**ABOUT THIS EXERCISE:**
Below are lines of data; restate word for word those running from the line containing "-- What the" to the line containing "by_number port socktype", inclusive, and no others.

Start of RECORDS SHOWN

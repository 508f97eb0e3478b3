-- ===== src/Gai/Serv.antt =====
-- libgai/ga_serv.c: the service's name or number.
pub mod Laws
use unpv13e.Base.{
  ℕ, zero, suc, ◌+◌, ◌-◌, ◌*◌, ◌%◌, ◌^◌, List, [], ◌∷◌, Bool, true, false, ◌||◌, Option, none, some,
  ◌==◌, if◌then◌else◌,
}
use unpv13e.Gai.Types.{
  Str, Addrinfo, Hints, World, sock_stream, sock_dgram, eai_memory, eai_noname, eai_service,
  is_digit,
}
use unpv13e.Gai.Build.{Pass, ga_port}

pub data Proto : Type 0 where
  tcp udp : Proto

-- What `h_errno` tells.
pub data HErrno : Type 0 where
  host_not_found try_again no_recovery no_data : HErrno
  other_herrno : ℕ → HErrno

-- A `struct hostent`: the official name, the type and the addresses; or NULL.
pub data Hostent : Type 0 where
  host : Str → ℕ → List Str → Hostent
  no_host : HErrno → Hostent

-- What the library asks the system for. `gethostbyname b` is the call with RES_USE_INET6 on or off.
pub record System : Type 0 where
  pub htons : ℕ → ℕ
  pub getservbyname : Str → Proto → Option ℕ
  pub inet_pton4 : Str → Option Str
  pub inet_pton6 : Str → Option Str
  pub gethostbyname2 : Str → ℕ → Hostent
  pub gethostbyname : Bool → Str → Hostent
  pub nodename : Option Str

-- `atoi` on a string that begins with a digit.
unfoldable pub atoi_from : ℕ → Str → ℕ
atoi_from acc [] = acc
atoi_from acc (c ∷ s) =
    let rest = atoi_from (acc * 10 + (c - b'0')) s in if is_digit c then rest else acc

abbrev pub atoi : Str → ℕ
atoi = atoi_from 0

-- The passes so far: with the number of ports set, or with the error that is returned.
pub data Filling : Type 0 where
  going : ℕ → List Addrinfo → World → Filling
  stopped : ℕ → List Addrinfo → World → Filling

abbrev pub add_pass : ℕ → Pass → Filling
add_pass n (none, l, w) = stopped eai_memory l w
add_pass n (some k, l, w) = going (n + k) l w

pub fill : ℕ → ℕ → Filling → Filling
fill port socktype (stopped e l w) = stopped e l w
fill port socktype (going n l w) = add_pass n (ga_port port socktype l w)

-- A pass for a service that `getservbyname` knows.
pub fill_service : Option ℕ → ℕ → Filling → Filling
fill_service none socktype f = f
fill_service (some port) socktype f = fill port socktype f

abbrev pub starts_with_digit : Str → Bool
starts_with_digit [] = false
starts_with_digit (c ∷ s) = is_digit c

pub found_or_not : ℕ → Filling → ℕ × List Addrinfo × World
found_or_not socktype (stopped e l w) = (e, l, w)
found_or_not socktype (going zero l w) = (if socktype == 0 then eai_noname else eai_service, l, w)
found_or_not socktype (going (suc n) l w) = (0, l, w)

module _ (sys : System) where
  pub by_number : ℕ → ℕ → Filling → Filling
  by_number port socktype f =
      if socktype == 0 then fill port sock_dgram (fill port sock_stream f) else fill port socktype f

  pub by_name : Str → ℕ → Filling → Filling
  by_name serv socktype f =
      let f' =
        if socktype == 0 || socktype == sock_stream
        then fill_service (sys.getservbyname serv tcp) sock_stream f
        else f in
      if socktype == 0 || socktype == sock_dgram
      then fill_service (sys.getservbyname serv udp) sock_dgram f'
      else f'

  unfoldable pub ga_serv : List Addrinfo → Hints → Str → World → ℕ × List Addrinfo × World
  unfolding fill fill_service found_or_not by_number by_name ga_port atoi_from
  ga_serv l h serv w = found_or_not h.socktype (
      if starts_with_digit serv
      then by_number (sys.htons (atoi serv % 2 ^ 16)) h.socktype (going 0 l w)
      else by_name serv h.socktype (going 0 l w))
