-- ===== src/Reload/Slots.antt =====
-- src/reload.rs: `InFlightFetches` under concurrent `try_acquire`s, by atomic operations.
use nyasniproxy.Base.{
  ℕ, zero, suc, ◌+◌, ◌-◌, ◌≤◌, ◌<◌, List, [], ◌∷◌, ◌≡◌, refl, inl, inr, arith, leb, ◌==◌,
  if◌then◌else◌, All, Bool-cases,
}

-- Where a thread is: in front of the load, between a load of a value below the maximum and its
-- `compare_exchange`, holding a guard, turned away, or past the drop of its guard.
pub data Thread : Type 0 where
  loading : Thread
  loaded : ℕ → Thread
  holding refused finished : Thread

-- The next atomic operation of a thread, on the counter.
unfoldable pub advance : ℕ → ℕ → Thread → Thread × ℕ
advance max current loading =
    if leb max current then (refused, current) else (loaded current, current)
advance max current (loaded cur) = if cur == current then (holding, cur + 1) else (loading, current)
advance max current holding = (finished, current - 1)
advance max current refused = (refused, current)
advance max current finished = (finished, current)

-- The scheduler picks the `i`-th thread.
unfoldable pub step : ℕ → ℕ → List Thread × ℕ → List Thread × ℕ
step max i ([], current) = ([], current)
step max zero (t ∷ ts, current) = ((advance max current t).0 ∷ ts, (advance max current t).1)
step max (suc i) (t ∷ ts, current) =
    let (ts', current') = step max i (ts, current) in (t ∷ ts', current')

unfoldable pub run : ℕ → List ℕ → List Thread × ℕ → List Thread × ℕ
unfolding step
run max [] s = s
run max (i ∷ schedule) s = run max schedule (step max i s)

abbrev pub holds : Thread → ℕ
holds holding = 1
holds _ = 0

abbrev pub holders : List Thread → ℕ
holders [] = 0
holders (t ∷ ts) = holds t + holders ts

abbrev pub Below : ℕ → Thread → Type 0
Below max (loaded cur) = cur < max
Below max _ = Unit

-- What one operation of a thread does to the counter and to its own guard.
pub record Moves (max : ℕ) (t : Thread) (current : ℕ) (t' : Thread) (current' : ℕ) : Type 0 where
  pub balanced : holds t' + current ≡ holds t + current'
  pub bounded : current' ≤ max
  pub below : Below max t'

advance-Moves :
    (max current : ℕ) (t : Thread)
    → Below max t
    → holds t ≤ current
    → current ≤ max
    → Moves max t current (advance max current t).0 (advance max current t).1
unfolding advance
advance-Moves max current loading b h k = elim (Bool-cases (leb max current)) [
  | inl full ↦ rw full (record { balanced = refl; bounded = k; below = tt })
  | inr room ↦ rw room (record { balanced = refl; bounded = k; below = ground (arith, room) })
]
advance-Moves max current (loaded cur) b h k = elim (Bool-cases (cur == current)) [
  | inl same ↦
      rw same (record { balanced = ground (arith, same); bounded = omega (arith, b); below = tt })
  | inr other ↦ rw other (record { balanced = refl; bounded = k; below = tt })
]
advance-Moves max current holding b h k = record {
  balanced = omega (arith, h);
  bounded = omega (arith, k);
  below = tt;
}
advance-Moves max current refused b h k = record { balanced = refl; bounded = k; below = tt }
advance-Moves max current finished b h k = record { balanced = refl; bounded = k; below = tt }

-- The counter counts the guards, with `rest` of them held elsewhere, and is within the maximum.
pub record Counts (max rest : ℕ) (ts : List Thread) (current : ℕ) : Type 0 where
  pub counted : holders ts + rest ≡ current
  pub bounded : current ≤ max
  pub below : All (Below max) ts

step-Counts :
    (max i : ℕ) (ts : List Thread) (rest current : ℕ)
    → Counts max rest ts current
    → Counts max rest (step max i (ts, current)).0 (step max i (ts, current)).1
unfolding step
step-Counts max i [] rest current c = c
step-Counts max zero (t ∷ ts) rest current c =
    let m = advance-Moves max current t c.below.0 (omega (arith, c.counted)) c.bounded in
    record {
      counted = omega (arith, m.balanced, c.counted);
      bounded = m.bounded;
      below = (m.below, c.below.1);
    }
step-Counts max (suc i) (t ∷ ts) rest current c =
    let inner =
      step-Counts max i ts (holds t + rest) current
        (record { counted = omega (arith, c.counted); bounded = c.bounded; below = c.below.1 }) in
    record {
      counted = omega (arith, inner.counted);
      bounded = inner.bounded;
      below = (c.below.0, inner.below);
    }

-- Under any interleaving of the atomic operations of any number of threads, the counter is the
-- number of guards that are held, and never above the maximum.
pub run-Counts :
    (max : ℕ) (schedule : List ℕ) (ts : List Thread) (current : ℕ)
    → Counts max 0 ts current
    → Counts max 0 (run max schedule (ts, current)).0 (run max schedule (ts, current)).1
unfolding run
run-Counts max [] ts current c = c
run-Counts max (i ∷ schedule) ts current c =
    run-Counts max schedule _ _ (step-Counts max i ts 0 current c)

End of RECORDS SHOWN

**FINISHED EXERCISE:**
-- What the library asks the system for. `gethostbyname b` is the call with RES_USE_INET6 on or off.
pub record System : Type 0 where
  pub htons : ℕ → ℕ
  pub getservbyname : Str → Proto → Option ℕ
  pub inet_pton4 : Str → Option Str
  pub inet_pton6 : Str → Option Str
  pub gethostbyname2 : Str → ℕ → Hostent
  pub gethostbyname : Bool → Str → Hostent
  pub nodename : Option Str

-- `atoi` on a string that begins with a digit.
unfoldable pub atoi_from : ℕ → Str → ℕ
atoi_from acc [] = acc
atoi_from acc (c ∷ s) =
    let rest = atoi_from (acc * 10 + (c - b'0')) s in if is_digit c then rest else acc

abbrev pub atoi : Str → ℕ
atoi = atoi_from 0

-- The passes so far: with the number of ports set, or with the error that is returned.
pub data Filling : Type 0 where
  going : ℕ → List Addrinfo → World → Filling
  stopped : ℕ → List Addrinfo → World → Filling

abbrev pub add_pass : ℕ → Pass → Filling
add_pass n (none, l, w) = stopped eai_memory l w
add_pass n (some k, l, w) = going (n + k) l w

pub fill : ℕ → ℕ → Filling → Filling
fill port socktype (stopped e l w) = stopped e l w
fill port socktype (going n l w) = add_pass n (ga_port port socktype l w)

-- A pass for a service that `getservbyname` knows.
pub fill_service : Option ℕ → ℕ → Filling → Filling
fill_service none socktype f = f
fill_service (some port) socktype f = fill port socktype f

abbrev pub starts_with_digit : Str → Bool
starts_with_digit [] = false
starts_with_digit (c ∷ s) = is_digit c

pub found_or_not : ℕ → Filling → ℕ × List Addrinfo × World
found_or_not socktype (stopped e l w) = (e, l, w)
found_or_not socktype (going zero l w) = (if socktype == 0 then eai_noname else eai_service, l, w)
found_or_not socktype (going (suc n) l w) = (0, l, w)

module _ (sys : System) where
  pub by_number : ℕ → ℕ → Filling → Filling
  by_number port socktype f =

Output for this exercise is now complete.